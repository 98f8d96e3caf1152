-- ===== src/Types/Batch.antt =====
-- crates/core/src/types/batch.rs, and the witness of crates/core/src/state.rs with the multiproof
-- that it carries (crates/core/src/trees/patricia.rs).
use zk_clob.Prelude.{ℕ, List}
use zk_clob.Types.Ids.{Address, B256, MarketId}
use zk_clob.Types.Account.{Account}
use zk_clob.Types.Operations.{
  Deposit, ForcedWithdrawal, SignedWithdrawal, ExecutedWithdrawal, Trade,
}
use zk_clob.Types.Order.{SequencedOrder}
use zk_clob.Types.Config.{ExchangeConfig}

-- `PatriciaSubtree`; a `Commitment` has the same fields.
pub record PatriciaSubtree : Type 0 where
  pub root : B256
  pub min_key : ℕ
  pub max_key : ℕ

pub record PatriciaMultiproof : Type 0 where
  pub leaf_keys : List ℕ
  pub side_nodes : List PatriciaSubtree

pub record StateWitness : Type 0 where
  pub accounts : List Account
  pub multiproof : PatriciaMultiproof

pub record SigningDomain : Type 0 where
  pub protocol_version : ℕ
  pub chain_id : ℕ
  pub exchange_id : Address

pub record MarketOrderBook : Type 0 where
  pub market_id : MarketId
  pub buy_indices : List ℕ
  pub sell_indices : List ℕ

pub record BatchInput : Type 0 where
  pub domain : SigningDomain
  pub batch_id : ℕ
  pub expected_old_state_root : B256
  pub state : StateWitness
  pub old_deposit_cursor : ℕ
  pub deposits : List Deposit
  pub old_forced_withdrawal_cursor : ℕ
  pub forced_withdrawals : List ForcedWithdrawal
  pub orders : List SequencedOrder
  pub withdrawals : List SignedWithdrawal
  pub order_books : List MarketOrderBook
  pub config : ExchangeConfig

pub record PublicOutput : Type 0 where
  pub domain : SigningDomain
  pub batch_id : ℕ
  pub old_state_root : B256
  pub new_state_root : B256
  pub config_hash : B256
  pub batch_hash : B256
  pub trades_hash : B256
  pub old_deposit_cursor : ℕ
  pub new_deposit_cursor : ℕ
  pub consumed_deposits_hash : B256
  pub old_forced_withdrawal_cursor : ℕ
  pub consumed_forced_withdrawals_hash : B256
  pub withdrawals_hash : B256
  pub forced_withdrawals_hash : B256

pub record BatchOutput : Type 0 where
  pub public_output : PublicOutput
  pub updated_accounts : List Account
  pub trades : List Trade
  pub withdrawals : List ExecutedWithdrawal
  pub forced_withdrawals : List ForcedWithdrawal
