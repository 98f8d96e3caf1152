-- ===== src/Hashing.antt =====
-- crates/core/src/hashing.rs, the `Sha256Hash` and `DomainSha256Hash` implementations of the types,
-- and crates/core/src/types/signature.rs. SHA-256, Keccak-256 and secp256k1 are parameters.
use zk_clob.Prelude.{
  ℕ, ◌%◌, ◌^◌, Bool, false, not, Option, none, some, List, [], ◌∷◌, ◌++◌, length, ltb, ◌==◌,
  if◌then◌else◌, to_be_bytes, ascii,
}
use zk_clob.Types.Ids.{B256, AccountId}
use zk_clob.Types.Account.{AssetBalance, Account}
use zk_clob.Types.Operations.{
  Signature, SignedOperation, Deposit, ForcedWithdrawal, Withdrawal, ExecutedWithdrawal, Trade,
}
use zk_clob.Types.Order.{Side, Order, SequencedOrder}
use zk_clob.Types.Config.{AssetConfig, MarketConfig, FeeConfig, ExchangeConfig}
use zk_clob.Types.Batch.{SigningDomain}

-- The cryptography that the engine calls. A digest is a 256-bit number, a public key its 65
-- uncompressed bytes. `from_compact` says whether the library accepts a compact signature, and
-- `is_low_s` whether it is already normalized.
pub record Crypto : Type 0 where
  pub sha256 : List ℕ → B256
  pub keccak256 : List ℕ → B256
  pub from_compact : (r s recovery_id : ℕ) → Bool
  pub is_low_s : (r s : ℕ) → Bool
  pub recover_ecdsa : (digest r s recovery_id : ℕ) → Option (List ℕ)

-- The bytes that `update_hash` of each type feeds to the hasher.
abbrev pub address_bytes : ℕ → List ℕ
address_bytes = to_be_bytes 20

abbrev pub b256_bytes : ℕ → List ℕ
b256_bytes = to_be_bytes 32

abbrev pub u16_bytes : ℕ → List ℕ
u16_bytes = to_be_bytes 2

abbrev pub u32_bytes : ℕ → List ℕ
u32_bytes = to_be_bytes 4

abbrev pub u64_bytes : ℕ → List ℕ
u64_bytes = to_be_bytes 8

abbrev pub u128_bytes : ℕ → List ℕ
u128_bytes = to_be_bytes 16

-- Each element in turn.
abbrev pub each_bytes : {A : Type 0} → (A → List ℕ) → List A → List ℕ
each_bytes bytes [] = []
each_bytes bytes (x ∷ xs) = bytes x ++ each_bytes bytes xs

-- The length as a `u64`, and each element in turn.
abbrev pub list_bytes : {A : Type 0} → (A → List ℕ) → List A → List ℕ
list_bytes bytes xs = u64_bytes (length xs) ++ each_bytes bytes xs

abbrev pub balance_bytes : AssetBalance → List ℕ
balance_bytes b = address_bytes b.asset ++ u128_bytes b.available

abbrev pub account_bytes : Account → List ℕ
account_bytes a =
    address_bytes a.id ++ (u64_bytes a.next_nonce ++ list_bytes balance_bytes a.balances)

abbrev pub side_byte : Side → ℕ
side_byte Side.buy = 0
side_byte Side.sell = 1

abbrev pub order_bytes : Order → List ℕ
order_bytes o =
    b256_bytes o.market_id
    ++ (side_byte o.side ∷ (u128_bytes o.price ++ (u128_bytes o.quantity ++ u64_bytes o.nonce)))

abbrev pub sequenced_order_bytes : SequencedOrder → List ℕ
sequenced_order_bytes o =
    order_bytes o.operation ++ (address_bytes o.signer ++ u64_bytes o.sequence)

abbrev pub deposit_bytes : Deposit → List ℕ
deposit_bytes d =
    u64_bytes d.id ++ (address_bytes d.account ++ (address_bytes d.asset ++ u128_bytes d.amount))

abbrev pub forced_withdrawal_bytes : ForcedWithdrawal → List ℕ
forced_withdrawal_bytes w =
    u64_bytes w.id ++ (address_bytes w.account ++ (address_bytes w.asset ++ u128_bytes w.amount))

abbrev pub withdrawal_bytes : Withdrawal → List ℕ
withdrawal_bytes w =
    address_bytes w.asset
    ++ (u128_bytes w.amount ++ (address_bytes w.recipient ++ u64_bytes w.nonce))

abbrev pub executed_withdrawal_bytes : ExecutedWithdrawal → List ℕ
executed_withdrawal_bytes w =
    address_bytes w.account
    ++ (address_bytes w.recipient
        ++ (address_bytes w.asset ++ (u128_bytes w.amount ++ u64_bytes w.nonce)))

abbrev pub trade_bytes : Trade → List ℕ
trade_bytes t =
    b256_bytes t.market_id
    ++ (address_bytes t.buyer
        ++ (address_bytes t.seller
            ++ (u128_bytes t.price
                ++ (u128_bytes t.quantity
                    ++ (u128_bytes t.quote_amount ++ u128_bytes t.quote_fee)))))

abbrev pub asset_config_bytes : AssetConfig → List ℕ
asset_config_bytes a = address_bytes a.id ++ u128_bytes a.scale

abbrev pub market_config_bytes : MarketConfig → List ℕ
market_config_bytes m =
    b256_bytes m.id ++ (address_bytes m.base_asset ++ address_bytes m.quote_asset)

abbrev pub fee_config_bytes : FeeConfig → List ℕ
fee_config_bytes f = address_bytes f.recipient ++ u16_bytes f.buyer_fee_bps

abbrev pub config_bytes : ExchangeConfig → List ℕ
config_bytes c =
    list_bytes asset_config_bytes c.assets
    ++ (list_bytes market_config_bytes c.markets ++ fee_config_bytes c.fees)

abbrev pub domain_bytes : SigningDomain → List ℕ
domain_bytes d =
    u32_bytes d.protocol_version ++ (u64_bytes d.chain_id ++ address_bytes d.exchange_id)

-- The tuple that `settle_batch` hashes into the batch hash.
abbrev pub batch_bytes : B256 → ℕ → B256 → B256 → List SequencedOrder → List ℕ
batch_bytes domain_hash batch_id old_state_root config_hash orders =
    b256_bytes domain_hash
    ++ (u64_bytes batch_id
        ++ (b256_bytes old_state_root
            ++ (b256_bytes config_hash ++ list_bytes sequenced_order_bytes orders)))

module _ (c : Crypto) where
  -- `DomainSha256Hash::hash`
  unfoldable pub domain_hash : List ℕ → List ℕ → B256
  domain_hash domain body = c.sha256 (domain ++ body)

  unfoldable pub account_hash : Account → B256
  unfolding domain_hash
  account_hash a = domain_hash (ascii "ZKCLOB_ACCOUNT_V1") (account_bytes a)

  unfoldable pub order_hash : Order → B256
  unfolding domain_hash
  order_hash o = domain_hash (ascii "ZKCLOB_ORDER_V1") (order_bytes o)

  unfoldable pub withdrawal_hash : Withdrawal → B256
  unfolding domain_hash
  withdrawal_hash w = domain_hash (ascii "ZKCLOB_WITHDRAWAL_V1") (withdrawal_bytes w)

  unfoldable pub config_hash : ExchangeConfig → B256
  unfolding domain_hash
  config_hash e = domain_hash (ascii "ZKCLOB_CONFIG_V1") (config_bytes e)

  unfoldable pub signing_domain_hash : SigningDomain → B256
  unfolding domain_hash
  signing_domain_hash d = domain_hash (ascii "ZKCLOB_SIGNING_DOMAIN_V1") (domain_bytes d)

  unfoldable pub batch_hash : B256 → ℕ → B256 → B256 → List SequencedOrder → B256
  unfolding domain_hash
  batch_hash domain batch_id old_state_root config orders =
      domain_hash (ascii "ZKCLOB_BATCH_V1")
        (batch_bytes domain batch_id old_state_root config orders)

  unfoldable pub trades_hash : List Trade → B256
  unfolding domain_hash
  trades_hash ts = domain_hash (ascii "ZKCLOB_TRADES_V1") (list_bytes trade_bytes ts)

  unfoldable pub deposits_hash : List Deposit → B256
  unfolding domain_hash
  deposits_hash ds = domain_hash (ascii "ZKCLOB_DEPOSITS_V1") (list_bytes deposit_bytes ds)

  unfoldable pub forced_withdrawals_hash : List ForcedWithdrawal → B256
  unfolding domain_hash
  forced_withdrawals_hash ws =
      domain_hash (ascii "ZKCLOB_FORCED_WITHDRAWALS_V1") (list_bytes forced_withdrawal_bytes ws)

  unfoldable pub withdrawals_hash : List ExecutedWithdrawal → B256
  unfolding domain_hash
  withdrawals_hash ws =
      domain_hash (ascii "ZKCLOB_WITHDRAWALS_V1") (list_bytes executed_withdrawal_bytes ws)

  -- `SignableOperation::digest`, over the hash of the operation.
  unfoldable pub digest : B256 → B256 → B256
  digest domain operation =
      c.sha256 (ascii "ZKCLOB_SIGNED_OPERATION_V1" ++ (b256_bytes domain ++ b256_bytes operation))

  -- The address of an uncompressed public key: its leading tag is dropped.
  abbrev pub address_of_key : List ℕ → AccountId
  address_of_key [] = c.keccak256 [] % 2 ^ 160
  address_of_key (tag ∷ key) = c.keccak256 key % 2 ^ 160

  abbrev pub address_of_key? : Option (List ℕ) → Option AccountId
  address_of_key? none = none
  address_of_key? (some key) = some (address_of_key key)

  -- `Signature::recover`
  unfoldable pub recover : Signature → B256 → Option AccountId
  recover g d =
      if ltb 1 g.recovery_id
      then none
      else if not (c.from_compact g.r g.s g.recovery_id)
      then none
      else if not (c.is_low_s g.r g.s)
      then none
      else address_of_key? (c.recover_ecdsa d g.r g.s g.recovery_id)

  abbrev pub is_account : AccountId → Option AccountId → Bool
  is_account id none = false
  is_account id (some signer) = signer == id

  -- `SignedOperation::has_valid_signature`, over the hash of the operation.
  unfoldable pub has_valid_signature : {O : Type 0} → B256 → SignedOperation O → B256 → Bool
  unfolding digest recover
  has_valid_signature operation_hash o domain =
      is_account o.signer (recover o.signature (digest domain operation_hash))
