-- ===== src/Host.antt =====
-- crates/host: the account tree and the batch builder of the operator.
pub mod Errors
pub mod Tree
pub mod Batches
pub mod Build
pub mod Ranks
pub mod Builder
pub mod Ranked
pub mod Filling
pub mod Applying
pub mod Applied
pub mod Updated
pub mod Ledgers
pub mod Merged
pub mod Cycle
pub mod Opened
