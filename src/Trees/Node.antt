-- ===== src/Trees/Node.antt =====
-- The tree of crates/core/src/trees/patricia.rs.
use zk_clob.Prelude.{Option, none, some}
use zk_clob.Types.Batch.{PatriciaSubtree}

-- `Commitment`, and the subtree that it converts to and from.
abbrev pub Commitment : Type 0
Commitment = PatriciaSubtree

pub data Node : Type 0 where
  empty : Node
  leaf : Commitment → Node
  branch : Commitment → Node → Node → Node

-- `Node::commitment`
abbrev pub commitment : Node → Option Commitment
commitment Node.empty = none
commitment (Node.leaf c) = some c
commitment (Node.branch c l r) = some c
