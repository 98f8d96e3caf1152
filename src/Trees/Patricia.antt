-- ===== src/Trees/Patricia.antt =====
-- crates/core/src/trees/patricia.rs. `bits` is `PatriciaKey::BITS`: a key is a number of that many
-- bits, of which bit 0 is the most significant. An error of the tree is the error that `state.rs`
-- turns it into.
pub mod Safety
use Prim.Native.Nat.{◌∣◌}
use zk_clob.Prelude.{
  ℕ, zero, suc, ◌+◌, ◌-◌, ◌/◌, ◌%◌, ◌^◌, ltb, leb, ◌==◌, if◌then◌else◌, Bool, true, false, not,
  ◌&&◌, ◌||◌, Option, none, some, List, [], ◌∷◌, ◌++◌, map, length, get_elem?, any, any_pair,
  is_empty, sort_unstable, binary_search_by_key, Search, found, vacant, to_be_bytes, ascii, take,
  drop, get_last?, partition_point, is_vacant,
}
use zk_clob.Types.Ids.{B256}
use zk_clob.Types.Batch.{PatriciaSubtree, PatriciaMultiproof}
use zk_clob.Types.Errors.{
  Result, ok, err, panic, ◌>>=◌, ◌>>◌, fail_if, ok_or, expect, invalid_state_multiproof,
}
use zk_clob.Trees.Node.{Commitment, Node, commitment}
use zk_clob.Hashing.{Crypto, domain_hash, b256_bytes, u64_bytes}

-- `PatriciaLeaf`, with the hash of `DomainSha256Hash`.
pub record PatriciaLeaf (L : Type 0) : Type 0 where
  pub key : L → ℕ
  pub hash : L → B256

module _ (bits : ℕ) where
  -- `PatriciaKey::bit`
  unfoldable pub bit : ℕ → ℕ → Bool
  bit key index = (key / 2 ^ (bits - 1 - index)) % 2 == 1

  abbrev pub same_bit : Bool → Bool → Bool
  same_bit true b = b
  same_bit false b = not b

  -- The search of `differing_bit`, over `count` indices from `index`.
  unfoldable pub differing_from : ℕ → ℕ → ℕ → ℕ → Option ℕ
  unfolding bit
  differing_from zero index left right = none
  differing_from (suc count) index left right =
      let rest = differing_from count (index + 1) left right in
      if same_bit (bit left index) (bit right index) then rest else some index

  unfoldable pub differing_bit : ℕ → ℕ → Option ℕ
  unfolding differing_from
  differing_bit left right = differing_from bits 0 left right

  abbrev pub key_bytes : ℕ → List ℕ
  key_bytes = to_be_bytes (bits / 8)

  abbrev pub commitment_bytes : Commitment → List ℕ
  commitment_bytes n = b256_bytes n.root ++ (key_bytes n.min_key ++ key_bytes n.max_key)

module _ (c : Crypto) (bits : ℕ) where
  unfoldable pub branch_hash : ℕ → Commitment → Commitment → B256
  unfolding domain_hash
  branch_hash depth left right =
      domain_hash c (ascii "ZKCLOB_PATRICIA_BRANCH_V1")
        (u64_bytes depth ++ (commitment_bytes bits left ++ commitment_bytes bits right))

  unfoldable pub branch : Commitment → Commitment → Result Commitment
  unfolding differing_bit bit branch_hash
  branch left right = do
    fail_if (leb right.min_key left.max_key) invalid_state_multiproof
    depth ← ok_or (differing_bit bits left.max_key right.min_key) invalid_state_multiproof
    fail_if
        (bit bits left.min_key depth
          || bit bits left.max_key depth
          || not (bit bits right.min_key depth)
          || not (bit bits right.max_key depth))
        invalid_state_multiproof
    ok (record {
      root = branch_hash depth left right;
      min_key = left.min_key;
      max_key = right.max_key;
    })

  -- `finalize`, with the hashes of `Empty` and `Root`.
  unfoldable pub finalize : Option Commitment → B256
  unfolding domain_hash
  finalize none = domain_hash c (ascii "ZKCLOB_PATRICIA_EMPTY_V1") []
  finalize (some n) = domain_hash c (ascii "ZKCLOB_PATRICIA_ROOT_V1") (commitment_bytes bits n)

  abbrev pub is_split : ℕ → {A : Type 0} → List A → Bool
  is_split point xs = not (point == 0 || point == length xs)

  -- `combine`, on fuel: every call is on a shorter slice, so the length is enough.
  unfoldable pub combine_on : ℕ → List Commitment → Result (Option Commitment)
  unfolding differing_bit bit branch
  combine_on zero nodes = panic
  combine_on (suc fuel) [] = ok none
  combine_on (suc fuel) (n ∷ []) = ok (some n)
  combine_on (suc fuel) (n ∷ m ∷ ns) = do
    final ← expect (get_last? (m ∷ ns))
    depth ← ok_or (differing_bit bits n.min_key final.max_key) invalid_state_multiproof
    let split = partition_point (λ (x : Commitment). not (bit bits x.max_key depth)) (n ∷ m ∷ ns)
    fail_if
        (not (is_split split (n ∷ m ∷ ns))
          || any (λ (x : Commitment). bit bits x.min_key depth) (take split (n ∷ m ∷ ns))
          || any (λ (x : Commitment). not (bit bits x.min_key depth)) (drop split (n ∷ m ∷ ns)))
        invalid_state_multiproof
    left ← combine_on fuel (take split (n ∷ m ∷ ns))
    left_node ← ok_or left invalid_state_multiproof
    right ← combine_on fuel (drop split (n ∷ m ∷ ns))
    right_node ← ok_or right invalid_state_multiproof
    joined ← branch left_node right_node
    ok (some joined)

  unfoldable pub combine : List Commitment → Result (Option Commitment)
  unfolding combine_on
  combine nodes = combine_on (suc (length nodes)) nodes

  module _ {L : Type 0} (leaves : PatriciaLeaf L) where
    -- `leaf`, with the hash of `Leaf`.
    unfoldable pub leaf_commitment : L → Commitment
    unfolding domain_hash
    leaf_commitment value = record {
      root =
          domain_hash c (ascii "ZKCLOB_PATRICIA_LEAF_V1")
            (key_bytes bits (leaves.key value) ++ b256_bytes (leaves.hash value));
      min_key = leaves.key value;
      max_key = leaves.key value;
    }

    -- `build`, on fuel as `combine`.
    unfoldable pub build_on : ℕ → List L → Result Node
    unfolding differing_bit bit branch leaf_commitment
    build_on zero values = panic
    build_on (suc fuel) [] = ok Node.empty
    build_on (suc fuel) (v ∷ []) = ok (Node.leaf (leaf_commitment v))
    build_on (suc fuel) (v ∷ w ∷ vs) = do
      final ← expect (get_last? (w ∷ vs))
      depth ← ok_or (differing_bit bits (leaves.key v) (leaves.key final)) invalid_state_multiproof
      let split = partition_point (λ (x : L). not (bit bits (leaves.key x) depth)) (v ∷ w ∷ vs)
      fail_if (not (is_split split (v ∷ w ∷ vs))) invalid_state_multiproof
      left ← build_on fuel (take split (v ∷ w ∷ vs))
      right ← build_on fuel (drop split (v ∷ w ∷ vs))
      left_commitment ← expect (commitment left)
      right_commitment ← expect (commitment right)
      joined ← branch left_commitment right_commitment
      ok (Node.branch joined left right)

    unfoldable pub build : List L → Result Node
    unfolding build_on
    build values = build_on (suc (length values)) values

    -- `PatriciaMerkleTree::sorted`
    unfoldable pub sorted : List L → Result (List L)
    sorted values = do
      let ordered = sort_unstable (λ (x y : L). ltb (leaves.key x) (leaves.key y)) values
      fail_if (any_pair (λ (x y : L). leaves.key x == leaves.key y) ordered)
          invalid_state_multiproof
      ok ordered

    -- `PatriciaMerkleTree::compute_root`
    unfoldable pub compute_root : List L → Result B256
    unfolding sorted build finalize
    compute_root values = do
      ordered ← sorted values
      tree ← build ordered
      ok (finalize (commitment tree))

    -- The loop that merges the leaves and the side nodes by their least key.
    unfoldable pub merge_nodes : List Commitment → List PatriciaSubtree → List Commitment
    merge_nodes [] [] = []
    merge_nodes (l ∷ ls) [] = l ∷ merge_nodes ls []
    merge_nodes [] (n ∷ ns) = n ∷ merge_nodes [] ns
    merge_nodes (l ∷ ls) (n ∷ ns) = elim (ltb l.min_key n.min_key) [
      | true ↦ l ∷ merge_nodes ls (n ∷ ns)
      | false ↦ n ∷ merge_nodes (l ∷ ls) ns
    ]

    abbrev pub first_at_most : Option ℕ → ℕ → Bool
    first_at_most none bound = false
    first_at_most (some key) bound = leb key bound

    -- Whether a selected key lies in the range of a subtree, as in `selected_in`.
    unfoldable pub selected_in : List ℕ → PatriciaSubtree → Bool
    selected_in keys node =
        first_at_most (get_elem? keys (partition_point (λ key. ltb key node.min_key) keys))
          node.max_key

    -- `PatriciaMerkleTree::compute_root_from_proof`
    unfoldable pub compute_root_from_proof : List L → PatriciaMultiproof → Result B256
    unfolding sorted leaf_commitment merge_nodes selected_in combine finalize
    compute_root_from_proof values proof = do
      fail_if
          (is_empty proof.leaf_keys
            || any_pair (λ x y. leb y x) proof.leaf_keys
            || any (λ (n : PatriciaSubtree). ltb n.max_key n.min_key) proof.side_nodes
            || any_pair (λ (x y : PatriciaSubtree). leb y.min_key x.max_key) proof.side_nodes)
          invalid_state_multiproof
      ordered ← sorted values
      fail_if
          (any (λ (v : L). is_vacant (binary_search_by_key (λ k. k) proof.leaf_keys (leaves.key v)))
              ordered
            || any (selected_in proof.leaf_keys) proof.side_nodes)
          invalid_state_multiproof
      let nodes = merge_nodes (map leaf_commitment ordered) proof.side_nodes
      fail_if (any_pair (λ (x y : Commitment). leb y.min_key x.max_key) nodes)
          invalid_state_multiproof
      node ← combine nodes
      ok (finalize node)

----------------

■ Work instructions:
Nothing except a number is needed: how many lines of the entries contain the word "PatriciaSubtree"?

■ Answer area:
10